| Task |
In the data below, locate each line with the word "finish" and list it.

Saved data entries:
++++++

-- ===== src/CommandQueue.antt =====
-- The command queue: `process_commands` of iommu_ref_model/libiommu/src/iommu_command_queue.c. A
-- command is the 128-bit number that its 16 bytes spell; its fields are those of `command_t` in
-- iommu_ref_model/libiommu/include/iommu_command_queue.h.
pub mod Head
pub mod Format
pub mod Legal
use riscv_iommu_dv_model.Prelude.{
  ℕ, ◌+◌, ◌-◌, ◌*◌, ◌%◌, ◌^◌, bit_and, bit_or, Bool, true, false, not, ◌&&◌, ◌||◌, Option, none,
  some, ◌==◌, if◌then◌else◌, ltb, get_bits, clear_low,
}
use riscv_iommu_dv_model.Iommu.{Iommu}
use riscv_iommu_dv_model.Iommu.Platform.{Platform}
use riscv_iommu_dv_model.Fault.{own_access, access_fault}
use riscv_iommu_dv_model.Invalidate.{
  Iotinval, do_inval_ddt, do_inval_pdt, do_iotinval_vma, do_iotinval_gvma,
}
use riscv_iommu_dv_model.Ats.{
  Destination, Iofence, allocate_itag, advance_cqh, do_ats_msg, set_cqmf, set_cmd_ill, do_iofence_c,
  inval_req_msg_code, prgr_msg_code,
}

-- How the execution of a command ends: the head advances, it stays, or the command is illegal.
pub data Outcome (W : Type 0) : Type 0 where
  retired : Iommu W → Outcome W
  held : Iommu W → Outcome W
  illegal : Outcome W

-- `command.any.opcode` and `command.any.func3`
abbrev pub opcode : ℕ → ℕ
opcode c = get_bits 6 0 c

abbrev pub func3 : ℕ → ℕ
func3 c = get_bits 9 7 c

-- `command.iotinval`
abbrev pub iotinval_of : ℕ → Iotinval
iotinval_of c = record {
  gv = get_bits 33 33 c;
  av = get_bits 10 10 c;
  nl = get_bits 34 34 c;
  pscv = get_bits 32 32 c;
  gscid = get_bits 59 44 c;
  pscid = get_bits 31 12 c;
  addr_63_12 = get_bits 125 74 c;
  s = get_bits 73 73 c;
}

-- `command.iofence`; the address is `addr_63_2 << 2`, a field of 62 bits whose shift keeps 62.
abbrev pub iofence_of : ℕ → Iofence
iofence_of c = record {
  pr = get_bits 12 12 c;
  pw = get_bits 13 13 c;
  av = get_bits 10 10 c;
  wsi_bit = get_bits 11 11 c;
  addr = get_bits 125 64 c * 4 % 2 ^ 62;
  word = get_bits 63 32 c;
}

-- `command.iodir`
abbrev pub iodir_dv : ℕ → ℕ
iodir_dv c = get_bits 33 33 c

abbrev pub iodir_did : ℕ → ℕ
iodir_did c = get_bits 63 40 c

abbrev pub iodir_pid : ℕ → ℕ
iodir_pid c = get_bits 31 12 c

-- `command.ats`
abbrev pub destination_of : ℕ → Destination
destination_of c = record {
  dsv = get_bits 33 33 c;
  dseg = get_bits 63 56 c;
  rid = get_bits 55 40 c;
}

abbrev pub ats_pv : ℕ → ℕ
ats_pv c = get_bits 32 32 c

abbrev pub ats_pid : ℕ → ℕ
ats_pid c = get_bits 31 12 c

abbrev pub ats_payload : ℕ → ℕ
ats_payload c = get_bits 127 64 c

-- The check on the reserved bits of the IODIR commands; `true` leads to `command_illegal`.
pub iodir_reserved : ℕ → Bool
iodir_reserved c =
    not (get_bits 11 10 c == 0)
    || not (get_bits 32 32 c == 0)
    || not (get_bits 39 34 c == 0)
    || not (get_bits 127 64 c == 0)

module _ {W : Type 0} where
  -- The same checks for the other groups of commands.
  pub iotinval_reserved : Iommu W → ℕ → Bool
  iotinval_reserved s c =
      not (get_bits 11 11 c == 0)
      || not (get_bits 43 35 c == 0)
      || not (get_bits 63 60 c == 0)
      || not (get_bits 72 64 c == 0)
      || not (get_bits 127 126 c == 0)
      || (not s.reg_file.capabilities.nl && not (get_bits 34 34 c == 0))
      || (not s.reg_file.capabilities.s && not (get_bits 73 73 c == 0))

  pub iofence_reserved : Iommu W → ℕ → Bool
  iofence_reserved s c =
      not (get_bits 31 14 c == 0)
      || not (get_bits 127 126 c == 0)
      || (not s.reg_file.fctl.wsi && get_bits 11 11 c == 1)

  pub ats_reserved : Iommu W → ℕ → Bool
  ats_reserved s c =
      not s.reg_file.capabilities.ats || not (get_bits 11 10 c == 0) || not (get_bits 39 34 c == 0)

  -- `command.iodir.did & ~iommu->max_devid_mask`
  abbrev pub did_too_wide : Iommu W → ℕ → Bool
  did_too_wide s did = not (bit_and did (2 ^ 32 - 1 - s.max_devid_mask) == 0)

  abbrev pub pid_too_wide : Iommu W → ℕ → Bool
  pid_too_wide s pid =
      let r = s.reg_file.capabilities in
      (not r.pd20 && ltb (2 ^ 17 - 1) pid) || (not r.pd20 && not r.pd17 && ltb (2 ^ 8 - 1) pid)

  -- The cases of the switch on the opcode. The last two arguments are what the flags of
  -- `do_iotinval_gvma` hold at its entry.
  unfoldable pub exec_iotinval : Iommu W → (c gscid_match addr_match : ℕ) → Outcome W
  exec_iotinval s c gscid_match addr_match =
      let op = iotinval_of c in
      if iotinval_reserved s c
      then illegal
      else if func3 c == 0
      then retired (do_iotinval_vma s op)
      else if func3 c == 1
      then (if not (op.pscv == 0)
          then illegal
          else retired (do_iotinval_gvma s op gscid_match addr_match))
      else illegal

  unfoldable pub exec_iodir : Iommu W → ℕ → Outcome W
  exec_iodir s c =
      let dv = iodir_dv c in
      let did = iodir_did c in
      let pid = iodir_pid c in
      if iodir_reserved c
      then illegal
      else if func3 c == 0
      then (if not (pid == 0)
          then illegal
          else if not (dv == 0) && did_too_wide s did
          then illegal
          else retired (do_inval_ddt s dv did))
      else if func3 c == 1
      then (if not (dv == 1)
          then illegal
          else if did_too_wide s did
          then illegal
          else if pid_too_wide s pid
          then illegal
          else retired (do_inval_pdt s did pid))
      else illegal

  -- The one-deep buffer for a request that finds no tag.
  unfoldable pub stall_for_itag : Iommu W → ℕ → Iommu W
  stall_for_itag s c =
      let d = destination_of c in
      record s {
        pending_inval_req_dsv = d.dsv;
        pending_inval_req_dseg = d.dseg;
        pending_inval_req_rid = d.rid;
        pending_inval_req_pv = ats_pv c;
        pending_inval_req_pid = ats_pid c;
        pending_inval_req_payload = ats_payload c;
        command_queue_stall_for_itag = 1;
      }

  -- The tests that make `process_commands` return at once.
  unfoldable pub cq_idle : Iommu W → Bool
  cq_idle s =
      let q = s.reg_file.cqcsr in
      not q.cqon
      || not q.cqen
      || q.cqmf
      || q.cmd_ill
      || q.cmd_to
      || not (s.command_queue_stall_for_itag == 0)
      || not (s.iofence_wait_pending_inv == 0)
      || s.reg_file.cqh == s.reg_file.cqt

  abbrev pub command_addr : Iommu W → ℕ
  command_addr s = bit_or (s.reg_file.cqb.ppn * 4096 % 2 ^ 64) (s.reg_file.cqh * 16 % 2 ^ 64)

module _ {W : Type 0} (P : Platform W) where
  unfoldable pub exec_iofence : Iommu W → ℕ → Outcome W
  exec_iofence s c =
      let (ret, t) = do_iofence_c P s (iofence_of c) in
      if iofence_reserved s c
      then illegal
      else if not (func3 c == 0)
      then illegal
      else if not (ret == 0)
      then held t
      else retired t

  abbrev pub send_ats : Iommu W → (msgcode tag c : ℕ) → Iommu W
  send_ats s msgcode tag c =
      do_ats_msg P s msgcode tag (destination_of c) (ats_pv c) (ats_pid c) (ats_payload c)

  -- `case INVAL` of the ATS commands.
  unfoldable pub exec_ats_inval : Iommu W → ℕ → Iommu W
  exec_ats_inval s c =
      let (itag, t) = allocate_itag s (destination_of c) in
      elim itag [ none ↦ stall_for_itag s c | some tag ↦ send_ats t inval_req_msg_code tag c ]

  unfoldable pub exec_ats : Iommu W → ℕ → Outcome W
  exec_ats s c =
      if ats_reserved s c
      then illegal
      else if func3 c == 0
      then retired (exec_ats_inval s c)
      else if func3 c == 1
      then retired (send_ats s prgr_msg_code 0 c)
      else illegal

  -- The switch on the opcode.
  unfoldable pub execute : Iommu W → (c gscid_match addr_match : ℕ) → Outcome W
  execute s c gscid_match addr_match =
      if opcode c == 1
      then exec_iotinval s c gscid_match addr_match
      else if opcode c == 3
      then exec_iodir s c
      else if opcode c == 2
      then exec_iofence s c
      else if opcode c == 4
      then exec_ats s c
      else illegal

  -- The read of the command at the head: the status, the command, the world.
  pub fetch : Iommu W → ℕ × ℕ × W
  fetch s =
      if clear_low (command_addr s) s.reg_file.capabilities.pas == 0
      then P.read_memory (own_access s (command_addr s) 16) s.world
      else (access_fault, 0, s.world)

  -- What follows the switch, with the label `command_illegal`.
  unfoldable pub finish : Iommu W → Outcome W → Iommu W
  finish s (retired t) = advance_cqh t
  finish s (held t) = t
  finish s illegal = set_cmd_ill P s

  -- `process_commands`
  unfoldable pub process_commands : Iommu W → (gscid_match addr_match : ℕ) → Iommu W
  process_commands s gscid_match addr_match =
      let (status, c, w) = fetch s in
      let t : Iommu W = record s { world = w } in
      if cq_idle s
      then s
      else if not (status == 0)
      then set_cqmf P t
      else finish t (execute t c gscid_match addr_match)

++++++

| Reply to the exercise |
  unfoldable pub finish : Iommu W → Outcome W → Iommu W
  finish s (retired t) = advance_cqh t
  finish s (held t) = t
  finish s illegal = set_cmd_ill P s
      else finish t (execute t c gscid_match addr_match)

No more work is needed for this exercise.